Плавая около губ, они стреляют моржей, морских зайцев, нерп, а иногда бьют белых медведей. Этот зверь весьма смел в воде, тогда как на земле бежит от собачьего лая и боится переступить след охотничьей лыжи. После первой, ранившей его пули на воде, он направляет ход свой к карбасу и – горе охотникам, если они не успели уплыть от ошкуя: он опрокидывает лодку, наложивши лапу на борт ее.

Вот разнообразные промыслы Груманланов. В половине сентября, покидают они остров с богатою добычею. Не всегда обратное плавание, как и плавание на Грумант, бывает им вполне спокойно. Случалось, что лодьи погибали в море. Лет двадцать тому назад несколько человек крестьян Кемского уезда снарядили на свои деньги лодью и, нанявши охотников, отправили за промыслами на Грумант. Охотники, не доплывая до острова каких-нибудь двухсот-трехсот верст, были затерты льдами. Они уже отчаялись в своем спасении, как к счастию их огромная льдина против носа лодьи с громом расселась и образовала щель, достаточную для того, чтобы проплыть лодье. Охотники ободрились. Ветерок поддувал с юга, и лодья летела на вздутых парусах, бороздя по временам ледяные стены. Вдруг полынья стала суживаться… Мужички перепугались, забегали по лодье: кто тащит дробовку с порохом, кто мешок с сухарями; вдруг бока судна затрещали и прежде чем все сидевшие в нем успели перескочить на льдину, большую крепкую лодью сплюснуло, как бумажную коробку. Льдина принесла спасшихся к Шпицбергену, откуда они воротились на твердую землю с другими охотниками.
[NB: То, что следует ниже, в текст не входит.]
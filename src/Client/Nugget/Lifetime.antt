-- ===== src/Client/Nugget/Lifetime.antt =====
-- The life of a client: whatever is called, and in whatever order, no descriptor is lost.
use platform_external_nos_ho.Base.{
  ℕ, ◌-◌, ◌^◌, ltb, length, ◌≡◌, refl, ap, ◌∙◌, List, Bool, true, false, Option, some, ℤ, pos,
  is_nonzero, is_nonzero-false, arith, Bool-cases, Option-cases, inl, inr,
}
use platform_external_nos_ho.Transport.Call.{nos_call_application}
use platform_external_nos_ho.Transport.Frame.{IsKept}
use platform_external_nos_ho.Transport.Frame.Whole.{nos_call_application-kept}
use platform_external_nos_ho.Client.Vector.{Vector}
use platform_external_nos_ho.Client.Host.{Host, OpenDevice, IsHost}
use platform_external_nos_ho.Client.Nugget.{
  NuggetClient, nugget_client, name_given, request_context, reply_of, resized, device_of,
  open_client, close_client, call_device, call_app, reset_client,
}

module _ {W : Type 0} (host : Host W) where
  -- A client in its world.
  abbrev pub Life : Type 0
  Life = NuggetClient W × W

  -- What a program may do with a client; a call that does not end is no step.
  pub data Step : Life → Life → Type 0 where
    opening : (c : NuggetClient W) (w : W) → Step (c, w) (open_client host c w)
    closing : (c : NuggetClient W) (w : W) → Step (c, w) (close_client host c w)
    resetting : (c : NuggetClient W) (w : W) → Step (c, w) (c, (reset_client host c w).1)
    calling :
        (c : NuggetClient W) (w w' : W) (fuel app_id arg : ℕ) (request : List ℕ)
        (response : Option Vector) (answer : ℕ × Option Vector)
        → call_app host fuel c app_id arg request response w ≡ some (answer, w')
        → Step (c, w) (c, w')

  pub data Reach (s : Life) : Life → Type 0 where
    here : Reach s s
    next : {t u : Life} → Reach s t → Step t u → Reach s u

  module _ (laws : IsHost host) where
    open laws use {is_open}

    -- A client over the descriptors of `table`: closed, or with a device that was opened over them
    -- and has changed none since.
    data IsLive (table : ℤ → Bool) (s : Life) : Type 0 where
      closed : s.0.is_open ≡ false → ((x : ℤ) → is_open s.1 x ≡ table x) → IsLive table s
      opened :
          (name : Option (List ℕ)) (v : W) (d : OpenDevice W)
          → s.0.is_open ≡ true
          → s.0.device ≡ some d
          → (host.nos_device_open name v).0 ≡ (pos 0, some d)
          → ((x : ℤ) → is_open v x ≡ table x)
          → ((x : ℤ) → is_open s.1 x ≡ is_open (host.nos_device_open name v).1 x)
          → IsLive table s

    opening-IsLive :
        (table : ℤ → Bool) (c : NuggetClient W) (w : W)
        → IsLive table (c, w)
        → IsLive table (open_client host c w)
    unfolding open_client
    opening-IsLive table c w (opened name v d is stored made before since) =
        let unchanged : (c, w) ≡ open_client host c w = ground arith in
        let live : IsLive table (c, w) = opened name v d is stored made before since in
        rw unchanged at live
    opening-IsLive table c w (closed shut same) =
        let answer = host.nos_device_open (name_given c.device_name) w in
        elim (Bool-cases (is_nonzero answer.0.0)) [
          | inl fails ↦ rw shut (
              closed (rw fails)
                (λ x. laws.failed_keeps (name_given c.device_name) w x fails ∙ same x))
          | inr works ↦
              let success : answer.0.0 ≡ pos 0 = is_nonzero-false answer.0.0 works in
              let (d, stored) = laws.device_stored (name_given c.device_name) w success in
              rw shut (
                opened (name_given c.device_name) w d (rw works) (rw (stored, open_client))
                  (ground (arith, success, stored)) same (λ x. refl))
        ]

    closing-same :
        (table : ℤ → Bool) (c : NuggetClient W) (w : W) (x : ℤ)
        → IsLive table (c, w)
        → is_open (close_client host c w).1 x ≡ table x
    unfolding close_client
    closing-same table c w x (closed shut same) = rw shut (same x)
    closing-same table c w x (opened name v d is stored made before since) =
        rw (is, stored) (laws.close_restores name v w d made since x ∙ before x)

    closing-shut : (c : NuggetClient W) (w : W) → (close_client host c w).0.is_open ≡ false
    unfolding close_client
    closing-shut c w = ground arith

    resetting-IsLive :
        (table : ℤ → Bool) (c : NuggetClient W) (w : W)
        → IsLive table (c, w)
        → IsLive table (c, (reset_client host c w).1)
    unfolding reset_client
    resetting-IsLive table c w (closed shut same) =
        let unchanged : (reset_client host c w).1 ≡ w = ground arith in
        closed shut (λ x. ap (λ v. is_open v x) unchanged ∙ same x)
    resetting-IsLive table c w (opened name v d is stored made before since) =
        let done : (reset_client host c w).1 ≡ (d.reset w).1 = ground arith in
        opened name v d is stored made before
          (λ x. ap (λ v. is_open v x) done ∙ laws.reset_keeps name v w d x made ∙ since x)

    call_device-keeps :
        (d : OpenDevice W) (fuel app_id arg : ℕ) (request : List ℕ) (response : Option Vector)
        (answer : ℕ × Option Vector) (w w' : W) (table : ℤ → Bool)
        → IsKept host.platform d.device (λ v. (x : ℤ) → is_open v x ≡ table x)
        → ((x : ℤ) → is_open w x ≡ table x)
        → call_device host fuel d app_id arg request response w ≡ some (answer, w')
        → (x : ℤ) → is_open w' x ≡ table x
    unfolding call_device request_context
    call_device-keeps d fuel app_id arg request response answer w w' table kept same e =
        let ctx = request_context d.device app_id arg request in
        let r = reply_of (resized response) in
        elim (Option-cases (nos_call_application host.platform ctx fuel r w)) [
          | inl stuck ↦ ground arith
          | inr (((code, r'), w₁), called) ↦
              let ends : w₁ ≡ w' = ground arith in
              rw ends at (
                nos_call_application-kept host.platform ctx (λ v. (x : ℤ) → is_open v x ≡ table x)
                  kept fuel r w w₁ (code, r') same called)
        ]

    call_app-keeps :
        (c : NuggetClient W) (d : OpenDevice W) (fuel app_id arg : ℕ) (request : List ℕ)
        (response : Option Vector) (answer : ℕ × Option Vector) (w w' : W) (table : ℤ → Bool)
        → IsKept host.platform d.device (λ v. (x : ℤ) → is_open v x ≡ table x)
        → device_of c ≡ some d
        → ((x : ℤ) → is_open w x ≡ table x)
        → call_app host fuel c app_id arg request response w ≡ some (answer, w')
        → (x : ℤ) → is_open w' x ≡ table x
    unfolding call_app
    call_app-keeps c d fuel app_id arg request response answer w w' table kept has same e =
        let e' = rw (has, call_app) at e in
        elim (Bool-cases (ltb (2 ^ 32 - 1) (length request))) [
          | inl long ↦ let ends : w ≡ w' = ground (arith, rw long at e') in rw ends at same
          | inr short ↦
              call_device-keeps d fuel app_id arg request response answer w w' table kept same
                (rw short at e')
        ]

    call_app-closed :
        (c : NuggetClient W) (fuel app_id arg : ℕ) (request : List ℕ) (response : Option Vector)
        (answer : ℕ × Option Vector) (w w' : W)
        → c.is_open ≡ false
        → call_app host fuel c app_id arg request response w ≡ some (answer, w')
        → w ≡ w'
    unfolding call_app
    call_app-closed c fuel app_id arg request response answer w w' shut e = ground arith

    device_of-open :
        (c : NuggetClient W) (d : OpenDevice W)
        → c.is_open ≡ true
        → c.device ≡ some d
        → device_of c ≡ some d
    unfolding device_of
    device_of-open c d is stored = ground arith

    Step-IsLive : (table : ℤ → Bool) {s t : Life} → Step s t → IsLive table s → IsLive table t
    Step-IsLive table (opening c w) live = opening-IsLive table c w live
    Step-IsLive table (closing c w) live =
        closed (closing-shut c w) (λ x. closing-same table c w x live)
    Step-IsLive table (resetting c w) live = resetting-IsLive table c w live
    Step-IsLive table (calling c w w' fuel app_id arg request response answer e)
          (closed shut same) =
        closed shut
          (rw (call_app-closed c fuel app_id arg request response answer w w' shut e) at same)
    Step-IsLive table (calling c w w' fuel app_id arg request response answer e)
          (opened name v d is stored made before since) =
        opened name v d is stored made before (
          call_app-keeps c d fuel app_id arg request response answer w w'
            (is_open (host.nos_device_open name v).1)
            (laws.operations_keep name v d (is_open (host.nos_device_open name v).1) made)
            (device_of-open c d is stored) since e)

    Reach-IsLive : (table : ℤ → Bool) {s t : Life} → Reach s t → IsLive table s → IsLive table t
    Reach-IsLive table here live = live
    Reach-IsLive table (next r st) live = Step-IsLive table st (Reach-IsLive table r live)

    -- On every host that keeps its promises: after any sequence of Open, Close, CallApp and Reset of
    -- a new client, in any order and however they end, the destructor, which closes it, leaves
    -- every descriptor as it was before.
    pub no_descriptor_lost :
        (name : Option (List ℕ)) (config : ℕ) (w w' : W) (c : NuggetClient W) (x : ℤ)
        → Reach (nugget_client name config, w) (c, w')
        → is_open (close_client host c w').1 x ≡ is_open w x
    no_descriptor_lost name config w w' c x steps =
        closing-same (is_open w) c w' x
          (Reach-IsLive (is_open w) steps (closed (unfold nugget_client in refl) (λ x. refl)))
Если плаванье совершилось удачно, то Груманлане с песнями входят в архангельскую гавань. С молитвой они сходят на берег и спешат к хозяину отдать отчет в добыче. Шумные пиры заключают их странствование.

 

[1] Эта статья составлена преимущественно по статье г. А. Харитонова «Русские промышленники на Груманте», помещенной в Отечественных Записках 1849 года.

[2] Читатели, вероятно, знают, что наш народ любит считать время по праздникам.

[3] Во время переезда они заходят в норвежский городок Варде-гусь.